Implications pour la doctrine de défense et le renseignement
Adaptation des stratégies de contre-terrorisme face à un adversaire augmenté
L’intégration de l’IA par Boko Haram impose une refonte des doctrines de contre-terrorisme. Les services de renseignement doivent désormais anticiper des adversaires capables de planifier des opérations avec une précision algorithmique, de réduire leur empreinte humaine et d’optimiser continuellement leurs tactiques. La sophistication technologique change les règles du jeu. Les États-majors doivent intégrer la dimension IA dans leurs évaluations de menace, former leurs analystes aux nouvelles signatures numériques et développer des capacités de détection des usages malveillants de chatbots. La collaboration internationale devient cruciale, notamment entre les États-Unis et la Chine, dont les entreprises fournissent les outils exploités.

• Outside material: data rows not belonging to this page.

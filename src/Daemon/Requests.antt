-- ===== src/Daemon/Requests.antt =====
-- group/dlm_controld/main.c: uevents of the kernel, requests of clients, and the poll loop.
use dlm.Base.{
  ℕ, zero, suc, ◌/◌, Bool, true, false, not, ◌&&◌, ◌||◌, Option, none, some, List, [], ◌∷◌, ◌==◌,
  if◌then◌else◌, is_empty,
}
use dlm.Plock.Types.{Mem, malloc}
use dlm.Plock.Device.{same_name}
use dlm.Group.Types.{Space}
use dlm.Group.History.{set_fs_notified, Notified, done}
use dlm.Group.History as History
use dlm.Daemon.Clients.{
  process_listener, process_connection, process_uevent, process_lockspace_cpg, client_dead_fn,
  Client, slot, client_dead, client_add,
}
use dlm.Daemon.Spaces.{
  Answer, zero_answer, enoent, esrch, eagain, reply, crash, cycle_start, Daemon, tell, find_space,
  change_space, find_ls_ci, remove_space, fs_register_check, fs_register_add, first_bytes,
  fs_register_del, new_space, JoinEnv, dlm_join_lockspace, dlm_leave_lockspace,
}

-- A text up to its first '/', and what is behind that.
unfoldable pub cut : List ℕ → List ℕ × Option (List ℕ)
cut [] = ([], none)
cut (c ∷ cs) =
    let (before, after) = cut cs in if c == b'/' then ([], some cs) else (c ∷ before, after)

-- `get_args` at '/', for one more argument than its first argument; the last ends at a '/', too.
unfoldable pub get_args : ℕ → List ℕ → List (List ℕ)
unfolding cut
get_args zero text = (cut text).0 ∷ []
get_args (suc n) text = elim (cut text).1 [
  | none ↦ (cut text).0 ∷ []
  | some rest ↦ (cut text).0 ∷ get_args n rest
]

-- The uevent "online@".
unfoldable pub online : JoinEnv → List ℕ → Daemon → Daemon
unfolding find_space fs_register_check first_bytes malloc dlm_join_lockspace
online env name d = elim (find_space name d.spaces) [
  | some ls ↦ d
  | none ↦
      let (given, mem) = malloc d.mem in
      let ls = new_space name in
      if not given
      then record d { mem = mem }
      else (dlm_join_lockspace env
          (record ls { fs_registered = fs_register_check ls.plocks.name d.registered })
          (record d { mem = mem })).1
]

-- The uevent "offline@".
unfoldable pub offline : List ℕ → Daemon → Daemon
unfolding find_space dlm_leave_lockspace
offline name d = elim (find_space name d.spaces) [ none ↦ d | some ls ↦ dlm_leave_lockspace ls d ]

abbrev pub online_text : List ℕ
online_text = b'o' ∷ b'n' ∷ b'l' ∷ b'i' ∷ b'n' ∷ b'e' ∷ b'@' ∷ []

abbrev pub offline_text : List ℕ
offline_text = b'o' ∷ b'f' ∷ b'f' ∷ b'l' ∷ b'i' ∷ b'n' ∷ b'e' ∷ b'@' ∷ []

abbrev pub dlm_text : List ℕ
dlm_text = b'd' ∷ b'l' ∷ b'm' ∷ []

-- `strstr` of "dlm", in a text and in the arguments of one that has fewer than four.
unfoldable pub mentions_dlm : List ℕ → Bool
mentions_dlm (a ∷ b ∷ c ∷ rest) =
    (a == b'd' && (b == b'l' && c == b'm')) || mentions_dlm (b ∷ c ∷ rest)
mentions_dlm _ = false

unfoldable pub some_mentions_dlm : List (List ℕ) → Bool
unfolding mentions_dlm
some_mentions_dlm [] = false
some_mentions_dlm (arg ∷ rest) = mentions_dlm arg || some_mentions_dlm rest

-- The two events without a name: `find_ls` compares a NULL pointer with the names that there are, and
-- `create_ls` copies from one when it has memory.
unfoldable pub nameless : List ℕ → Daemon → Daemon
unfolding malloc same_name
nameless act d =
    if same_name act online_text
    then (if is_empty d.spaces && not (malloc d.mem).0
        then record d { mem = (malloc d.mem).1 }
        else tell crash d)
    else if same_name act offline_text && not (is_empty d.spaces)
    then tell crash d
    else d

-- `process_uevent`, on the arguments; `strlen` reads from a third that is NULL.
unfoldable pub kernel_event : JoinEnv → List (List ℕ) → Daemon → Daemon
unfolding same_name online offline nameless some_mentions_dlm
kernel_event env (act ∷ kernel ∷ sys ∷ name ∷ rest) d =
    if not (same_name sys dlm_text)
    then d
    else if same_name act online_text
    then online env name d
    else if same_name act offline_text
    then offline name d
    else d
kernel_event env (act ∷ kernel ∷ sys ∷ []) d = if same_name sys dlm_text then nameless act d else d
kernel_event env args d = if some_mentions_dlm args then tell crash d else d

-- `struct dlmc_header`, with what the read of the bytes behind it answers, if there are some.
pub record Request : Type 0 where
  pub magic : ℕ
  pub version : ℕ
  pub extra : Option Bool
  pub command : ℕ
  pub payload : ℕ
  pub name : List ℕ

-- The buffer for the bytes behind the header; `false` is `goto out`.
unfoldable pub read_extra : Option Bool → Mem → Bool × Mem
unfolding malloc
read_extra none mem = (true, mem)
read_extra (some read) mem = let (given, mem') = malloc mem in (if given then read else false, mem')

-- `do_reply`, with the descriptor of the client.
unfoldable pub do_reply : ℕ → ℕ → List ℕ → Answer → ℕ → Daemon → Daemon
unfolding malloc slot
do_reply ci command name result option d =
    let (given, mem) = malloc d.mem in
    let d' = record d { mem = mem } in
    if not given then d' else elim (slot d.table.clients ci) [
      | none ↦ d'
      | some c ↦ tell (reply c.fd command name result option) d'
    ]

abbrev pub answer_of : Notified → Answer
answer_of done = zero_answer
answer_of History.esrch = esrch
answer_of History.eagain = eagain

-- The result of `DLMC_CMD_FS_NOTIFIED`.
abbrev pub notified_answer : ℕ → Option Space → Answer
notified_answer nodeid none = enoent
notified_answer nodeid (some ls) = answer_of (set_fs_notified nodeid ls.node_history).1

abbrev pub set_registered : Bool → List ℕ → Daemon → Daemon
set_registered b name d = record d {
  spaces = change_space name (λ ls. record ls { fs_registered = b }) d.spaces;
}

-- The four commands.
unfoldable pub fs_register : ℕ → List ℕ → Daemon → Daemon
unfolding fs_register_add change_space do_reply
fs_register ci name d =
    let (rv, d') = fs_register_add name d in do_reply ci 7 name rv 0 (set_registered true name d')

unfoldable pub fs_unregister : List ℕ → Daemon → Daemon
unfolding fs_register_del change_space
fs_unregister name d =
    set_registered false name (record d { registered = fs_register_del name d.registered })

unfoldable pub fs_notified : ℕ → List ℕ → ℕ → Daemon → Daemon
unfolding find_space set_fs_notified change_space do_reply
fs_notified ci name nodeid d =
    do_reply ci 9 name (notified_answer nodeid (find_space name d.spaces)) nodeid (record d {
      spaces =
          change_space name
            (λ ls. record ls { node_history = (set_fs_notified nodeid ls.node_history).0 })
            d.spaces;
    })

unfoldable pub deadlock_check : ℕ → List ℕ → Daemon → Daemon
unfolding find_space client_dead
deadlock_check ci name d =
    let d' : Daemon = elim (find_space name d.spaces) [
      | none ↦ d
      | some ls ↦ tell (cycle_start ls.plocks.name) d
    ] in
    record d' { table = client_dead ci d'.table }

-- The `switch` of `process_connection`.
unfoldable pub do_command : ℕ → Request → Daemon → Daemon
unfolding fs_register fs_unregister fs_notified deadlock_check
do_command ci h d =
    if h.command == 7
    then fs_register ci h.name d
    else if h.command == 8
    then fs_unregister h.name d
    else if h.command == 9
    then fs_notified ci h.name h.payload d
    else if h.command == 10
    then deadlock_check ci h.name d
    else d

-- `process_connection`; `none` is a header that cannot be read. `DLMC_MAGIC` and the upper half of
-- `DLMC_VERSION` are compared.
unfoldable pub serve_connection : ℕ → Option Request → Daemon → Daemon
unfolding read_extra do_command
serve_connection ci none d = d
serve_connection ci (some h) d =
    if not (h.magic == 0xd13cd13c)
    then d
    else if not (h.version / 65536 == 1)
    then d
    else (let (ok, mem) = read_extra h.extra d.mem in
        let d' = record d { mem = mem } in if ok then do_command ci h d' else d')

-- `process_listener`, with the result of `accept`.
unfoldable pub accept_client : Option ℕ → Daemon → Daemon
unfolding client_add
accept_client none d = d
accept_client (some fd) d = elim (client_add fd process_connection none d.table) [
  | none ↦ d
  | some (ci, table) ↦ record d { table = table }
]

-- `process_lockspace_cpg`, when `confchg_cb` finds the change in which the node leaves: what it does
-- to the two lists.
unfoldable pub forget_space : ℕ → Daemon → Daemon
unfolding find_ls_ci remove_space client_dead
forget_space ci d = elim (find_ls_ci ci d.spaces) [
  | none ↦ d
  | some ls ↦
      if ls.leaving
      then record d { table = client_dead ci d.table; spaces = remove_space ci d.spaces }
      else d
]

-- What a poll finds at a client: a request, a connection, a uevent, the change in which the node
-- leaves a group, or an error.
pub data Input : Type 0 where
  request : Option Request → Input
  connected : Option ℕ → Input
  uevent : List ℕ → Input
  left_group hangup : Input

-- The calls of `workfn` and `deadfn`.
unfoldable pub run_work : JoinEnv → ℕ → Client → Input → Daemon → Daemon
unfolding serve_connection accept_client kernel_event get_args forget_space client_dead
run_work env ci c (request h) d = elim c.work [
  | some process_connection ↦ serve_connection ci h d
  | _ ↦ d
]
run_work env ci c (connected fd) d = elim c.work [
  | some process_listener ↦ accept_client fd d
  | _ ↦ d
]
run_work env ci c (uevent text) d = elim c.work [
  | some process_uevent ↦ kernel_event env (get_args 3 text) d
  | _ ↦ d
]
run_work env ci c left_group d = elim c.work [
  | some process_lockspace_cpg ↦ forget_space ci d
  | _ ↦ d
]
run_work env ci c hangup d = elim c.dead [
  | some client_dead_fn ↦ record d { table = client_dead ci d.table }
  | _ ↦ d
]

-- The loop of `loop` over the clients, at one of them.
unfoldable pub serve_client : JoinEnv → ℕ → Input → Daemon → Daemon
unfolding run_work slot
serve_client env ci input d = elim (slot d.table.clients ci) [
  | none ↦ d
  | some c ↦ elim c.fd [ none ↦ d | some fd ↦ run_work env ci c input d ]
]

Renseignement et prédiction : anticiper la prochaine génération de menaces
En 2025, des incidents documentés aux États-Unis, au Canada, en Israël, en Finlande, en France et en Autriche montrent que des terroristes isolés et des groupes organisés utilisent l’IA pour planifier des attentats. Le phénomène se mondialise. Les agences de renseignement doivent développer des outils prédictifs capables d’identifier les patterns d’interrogation malveillante des modèles, de tracer les flux de formation et de cartographier les réseaux d’expertise IA au sein des organisations terroristes. La menace ne se limite plus à Boko Haram. Toutes les branches jihadistes mondiales ont accès aux mêmes formations, aux mêmes outils et aux mêmes techniques de contournement. L’urgence commande une coordination sans précédent entre entreprises technologiques, gouvernements et organismes internationaux pour traiter l’adoption terroriste de l’IA comme un problème de sécurité nationale actuel, et non comme un risque futur hypothétique.